**Task goal:** Where the string "actives" occurs in the material below, report the whole line.
# # # #
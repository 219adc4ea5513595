-- ===== src/Recovery/Coordinator/Sent.antt =====
-- What the processing of a failure sends, whatever the robot, the database and the other tasks do.
use failure_resolver.Prelude.{
  ℕ, zero, suc, String, Bool, true, false, Option, none, some, Option-cases, inl, inr,
}
use failure_resolver.Json.{Fields}
use failure_resolver.Errors.{Error, Result, ok, err, Done, assertion}
use failure_resolver.Runtime.{Runtime}
use failure_resolver.Robot.Pointer.{FlowPointer}
use failure_resolver.Recovery.Target.{RecoveryTarget}
use failure_resolver.Recovery.Session.{SessionRecord}
use failure_resolver.Recovery.Plan.Continuation.{RecoveryPlan}
use failure_resolver.Recovery.Attempt.Monad.{Run, pure, pure}
use failure_resolver.Recovery.Attempt.Stable.{
  Keeps, Keeps-pure, Keeps-lift, Keeps-raise, Keeps-bind, Keeps-if,
}
use failure_resolver.Recovery.Coordinator.{Control, Act}
use failure_resolver.Recovery.Coordinator.Quiet.{
  Blind, Quiet-count, Quiet-live, Quiet-read, Quiet-database, Quiet-call, Quiet-actives,
  Quiet-fresh_paused_pointer, Quiet-prepared_session, Quiet-check_prepared, Quiet-grace_over,
}
use failure_resolver.Recovery.Coordinator.Attempts.{
  Next, over, again, Loop, ended, round, rounds, run_attempts, execute_session, execute_target,
}
use failure_resolver.Recovery.Coordinator.Log.{Logged, Logged-Blind}
use failure_resolver.Recovery.Coordinator.Claimed.{claim_round-Logged}
use failure_resolver.Recovery.Target.{PointerTarget, RecoveryTarget}
use failure_resolver.Errors.{
  non_executable, contract, live_state_changed, database_unavailable, not_sent, rejected,
  outcome_unknown, timeout, cancelled, value_error, type_error, assertion, other,
}
use failure_resolver.Recovery.Coordinator.{Active}
use failure_resolver.Recovery.Coordinator.Process.{
  adopt, refresh, attach_to, attach_active_recurrence, skip, note_error, after_execution,
  guarded_execution, execute_claimable, process_current, process_locked, process_unattached,
  process_row, process_failure,
}

module _ (py : Runtime) (ctl : Control) where
  abbrev W : Type 0
  W = ctl.out.World

  logged : Blind {W = W} (Logged py)
  logged = Logged-Blind py

  round-Logged :
      (target : RecoveryTarget) (session_id : String) (plan : RecoveryPlan) (p : FlowPointer)
      → Keeps (Logged py) (round py ctl target session_id plan p)
  unfolding round
  round-Logged target session_id plan p =
      Keeps-bind logged.order _ _ (Quiet-read py ctl logged _) λ active.
        Keeps-bind logged.order _ _ (Quiet-live py ctl logged plan p)
          λ _. claim_round-Logged py ctl session_id p _

  rounds-Logged :
      (n : ℕ) (target : RecoveryTarget) (session_id : String) (plan : RecoveryPlan)
      (p : FlowPointer)
      → Keeps (Logged py) (rounds py ctl n target session_id plan p)
  unfolding rounds
  rounds-Logged zero target session_id plan p = Keeps-pure logged.order _
  rounds-Logged (suc n) target session_id plan p =
      Keeps-bind logged.order _ _ (Quiet-read py ctl logged _) λ stopped.
        Keeps-if logged.order _ _ _ (Keeps-pure logged.order _) (
          Keeps-bind logged.order _ _ (round-Logged target session_id plan p)
            (at λ latest. rounds-Logged n target session_id plan latest))
    where
      at :
          ((latest : FlowPointer)
            → Keeps (Logged py) (rounds py ctl n target session_id plan latest))
          → (x : Next)
          → Keeps (Logged py) (elim x as (λ _. Act ctl Loop) [
            | over ↦ pure ended
            | again latest ↦ rounds py ctl n target session_id plan latest
          ])
      at go over = Keeps-pure logged.order _
      at go (again latest) = go latest

  run_attempts-Logged :
      (n : ℕ) (target : RecoveryTarget) (session_id : String) (plan : RecoveryPlan)
      (p : FlowPointer)
      → Keeps (Logged py) (run_attempts py ctl n target session_id plan p)
  unfolding run_attempts
  run_attempts-Logged n target session_id plan p r =
      logged.order.both
        (Keeps-bind logged.order _ _ (Quiet-actives py ctl logged _)
          (λ _. rounds-Logged n target session_id plan p) r)
        (Quiet-actives py ctl logged _ _)

  execute_session-Logged :
      (n : ℕ) (target : RecoveryTarget) (prepared : SessionRecord) (session_id : String)
      (p : FlowPointer)
      → Keeps (Logged py) (execute_session py ctl n target prepared session_id p)
  unfolding execute_session
  execute_session-Logged n target prepared session_id p =
      Keeps-if logged.order _ _ _
        (Keeps-bind logged.order _ _ (Quiet-check_prepared py ctl logged target prepared p) λ plan.
          Keeps-bind logged.order _ _ (Quiet-grace_over py ctl logged session_id) λ go.
            Keeps-if logged.order _ _ _ (run_attempts-Logged n target session_id plan p)
              (Keeps-pure logged.order ended))
        (Keeps-bind logged.order _ _ (Quiet-count py ctl logged _)
          λ _. Keeps-pure logged.order ended)

  pub execute_target-Logged :
      (n : ℕ) (target : RecoveryTarget) (new_id : String)
      → Keeps (Logged py) (execute_target py ctl n target new_id)
  unfolding execute_target
  execute_target-Logged n target new_id =
      Keeps-bind logged.order _ _ (Quiet-database py ctl logged) λ _.
        Keeps-bind logged.order _ _ (Keeps-lift logged.order _) λ _.
          Keeps-bind logged.order _ _ (Quiet-fresh_paused_pointer py ctl logged target.pointer) λ p.
            Keeps-bind logged.order _ _ (Quiet-call py ctl logged _) λ _.
              Keeps-bind logged.order _ _ (Quiet-prepared_session py ctl logged target p new_id)
                λ prepared.
                  Keeps-bind logged.order _ _ (Quiet-count py ctl logged _)
                    λ _. execute_session-Logged n target prepared _ p

  note_error-Logged : (e : Error) → Keeps (Logged py) (note_error py ctl e)
  unfolding note_error
  note_error-Logged e = Quiet-count py ctl logged _

  skip-Logged : Keeps (Logged py) (skip py ctl)
  unfolding skip
  skip-Logged = Quiet-count py ctl logged _

  after_execution-Logged :
      (failure_id : String) (x : Result Loop)
      → Keeps (Logged py) (after_execution py ctl failure_id x)
  unfolding after_execution
  after_execution-Logged failure_id (ok l) = Keeps-pure logged.order tt
  after_execution-Logged failure_id (err non_executable) =
      Keeps-bind logged.order _ _ (Quiet-call py ctl logged _) λ _. note_error-Logged non_executable
  after_execution-Logged failure_id (err live_state_changed) = note_error-Logged live_state_changed
  after_execution-Logged failure_id (err not_sent) = note_error-Logged not_sent
  after_execution-Logged failure_id (err outcome_unknown) = note_error-Logged outcome_unknown
  after_execution-Logged failure_id (err timeout) = note_error-Logged timeout
  after_execution-Logged failure_id (err contract) = Keeps-raise logged.order Done contract
  after_execution-Logged failure_id (err database_unavailable) =
      Keeps-raise logged.order Done database_unavailable
  after_execution-Logged failure_id (err rejected) = Keeps-raise logged.order Done rejected
  after_execution-Logged failure_id (err cancelled) = Keeps-raise logged.order Done cancelled
  after_execution-Logged failure_id (err value_error) = Keeps-raise logged.order Done value_error
  after_execution-Logged failure_id (err type_error) = Keeps-raise logged.order Done type_error
  after_execution-Logged failure_id (err assertion) = Keeps-raise logged.order Done assertion
  after_execution-Logged failure_id (err other) = Keeps-raise logged.order Done other

  guarded_execution-Logged :
      (n : ℕ) (target : RecoveryTarget) (new_id : String)
      → Keeps (Logged py) (guarded_execution py ctl n target new_id)
  unfolding guarded_execution
  guarded_execution-Logged n target new_id r =
      logged.order.both (execute_target-Logged n target new_id r)
        (after_execution-Logged target.failure_id _ _)

  adopt-Logged : (target : PointerTarget) (a : Active) → Keeps (Logged py) (adopt py ctl target a)
  unfolding adopt
  adopt-Logged target a =
      Keeps-bind logged.order _ _ (Quiet-actives py ctl logged _) λ _. Quiet-count py ctl logged _

  refresh-Logged :
      (target : PointerTarget) (a : Active) → Keeps (Logged py) (refresh py ctl target a)
  unfolding refresh
  refresh-Logged target a =
      Keeps-if logged.order _ _ _ (Keeps-pure logged.order true)
        (Keeps-bind logged.order _ _ (adopt-Logged target a) λ _. Keeps-pure logged.order true)

  attach_to-Logged :
      (target : PointerTarget) (a : Active) → Keeps (Logged py) (attach_to py ctl target a)
  unfolding attach_to
  attach_to-Logged target a = elim (Option-cases target.recovery_session_id) [
    | inl unlinked ↦
        rw (unlinked, attach_to)
          (Keeps-bind logged.order _ _ (Quiet-call py ctl logged _) λ _.
            Keeps-bind logged.order _ _ (adopt-Logged target a) λ _. Keeps-pure logged.order true)
    | inr (id, linked) ↦
        rw (linked, attach_to)
          (Keeps-if logged.order _ _ _ (refresh-Logged target a)
            (Keeps-raise logged.order Bool contract))
  ]

  attach-Logged :
      (target : PointerTarget) → Keeps (Logged py) (attach_active_recurrence py ctl target)
  unfolding attach_active_recurrence
  attach-Logged target = Keeps-bind logged.order _ _ (Quiet-read py ctl logged _) at
    where
      at :
          (x : Option Active)
          → Keeps (Logged py) (elim x as (λ _. Act ctl Bool) [
            | none ↦ pure false
            | some a ↦ attach_to py ctl target a
          ])
      at none = Keeps-pure logged.order false
      at (some a) = attach_to-Logged target a

  execute_claimable-Logged :
      (n : ℕ) (new_id : String) (target : RecoveryTarget)
      → Keeps (Logged py) (execute_claimable py ctl n new_id target)
  unfolding execute_claimable
  execute_claimable-Logged n new_id target =
      Keeps-if logged.order _ _ _ (guarded_execution-Logged n target new_id) skip-Logged

  process_current-Logged :
      (n : ℕ) (new_id : String) (row : Fields)
      → Keeps (Logged py) (process_current py ctl n new_id row)
  unfolding process_current
  process_current-Logged n new_id row =
      Keeps-bind logged.order _ _ (Keeps-lift logged.order _) λ target.
        Keeps-bind logged.order _ _ (attach-Logged target.pointer) λ attached.
          Keeps-if logged.order _ _ _ (Keeps-pure logged.order tt)
            (execute_claimable-Logged n new_id target)

  process_locked-Logged :
      (n : ℕ) (failure_id new_id : String)
      → Keeps (Logged py) (process_locked py ctl n failure_id new_id)
  unfolding process_locked
  process_locked-Logged n failure_id new_id =
      Keeps-bind logged.order _ _ (Quiet-call py ctl logged _) at
    where
      at :
          (x : Option Fields)
          → Keeps (Logged py) (elim x as (λ _. Act ctl Done) [
            | none ↦ skip py ctl
            | some row ↦ process_current py ctl n new_id row
          ])
      at none = skip-Logged
      at (some row) = process_current-Logged n new_id row

  process_unattached-Logged :
      (n : ℕ) (row : Fields) (new_id : String)
      → Keeps (Logged py) (process_unattached py ctl n row new_id)
  unfolding process_unattached
  process_unattached-Logged n row new_id =
      Keeps-if logged.order _ _ _
        (Keeps-bind logged.order _ _ (Keeps-lift logged.order _) λ target.
          Keeps-if logged.order _ _ _ (process_locked-Logged n target.failure_id new_id)
            skip-Logged)
        skip-Logged

  process_row-Logged :
      (n : ℕ) (row : Fields) (new_id : String) → Keeps (Logged py) (process_row py ctl n row new_id)
  unfolding process_row
  process_row-Logged n row new_id =
      Keeps-bind logged.order _ _ (Keeps-lift logged.order _) λ target.
        Keeps-if logged.order _ _ _
          (Keeps-bind logged.order _ _ (attach-Logged target) λ attached.
            Keeps-if logged.order _ _ _ (Keeps-pure logged.order tt)
              (process_unattached-Logged n row new_id))
          skip-Logged

-- Whatever the robot, the database and the coordinator's other tasks do while a failure is processed,
-- and however that ends: the commands sent to the robot are, claim by claim in the order of the
-- claims, nothing or, for a claim that returned a row, a first part of a plan's corrections and guarded
-- continuation; that plan was read from the actions that this row has pinned, and it passed the checks
-- against that row's session and a Flow pointer. So nothing is sent without a claim that returned, and
-- no claim sends twice.
pub process_failure-Logged :
    (py : Runtime) (ctl : Control) (n : ℕ) (failure_id new_id : String) (r : Run ctl.out.World)
    → Logged py r (process_failure py ctl n failure_id new_id r).1
unfolding process_failure
process_failure-Logged py ctl n failure_id new_id =
    Keeps-if logged.order _ _ _
      (Keeps-bind logged.order _ _ (Quiet-database py ctl logged)
        λ _. Keeps-bind logged.order _ _ (Quiet-call py ctl logged _) at)
      (Keeps-pure logged.order tt)
  where
    logged : Blind {W = ctl.out.World} (Logged py)
    logged = Logged-Blind py

    at :
        (x : Option Fields)
        → Keeps (Logged py) (elim x as (λ _. Act ctl Done) [
          | none ↦ skip py ctl
          | some row ↦ process_row py ctl n row new_id
        ])
    at none = skip-Logged py ctl
    at (some row) = process_row-Logged py ctl n row new_id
# # # #
**Exercise answer:**
  Blind, Quiet-count, Quiet-live, Quiet-read, Quiet-database, Quiet-call, Quiet-actives,
        (Keeps-bind logged.order _ _ (Quiet-actives py ctl logged _)
        (Quiet-actives py ctl logged _ _)
      Keeps-bind logged.order _ _ (Quiet-actives py ctl logged _) λ _. Quiet-count py ctl logged _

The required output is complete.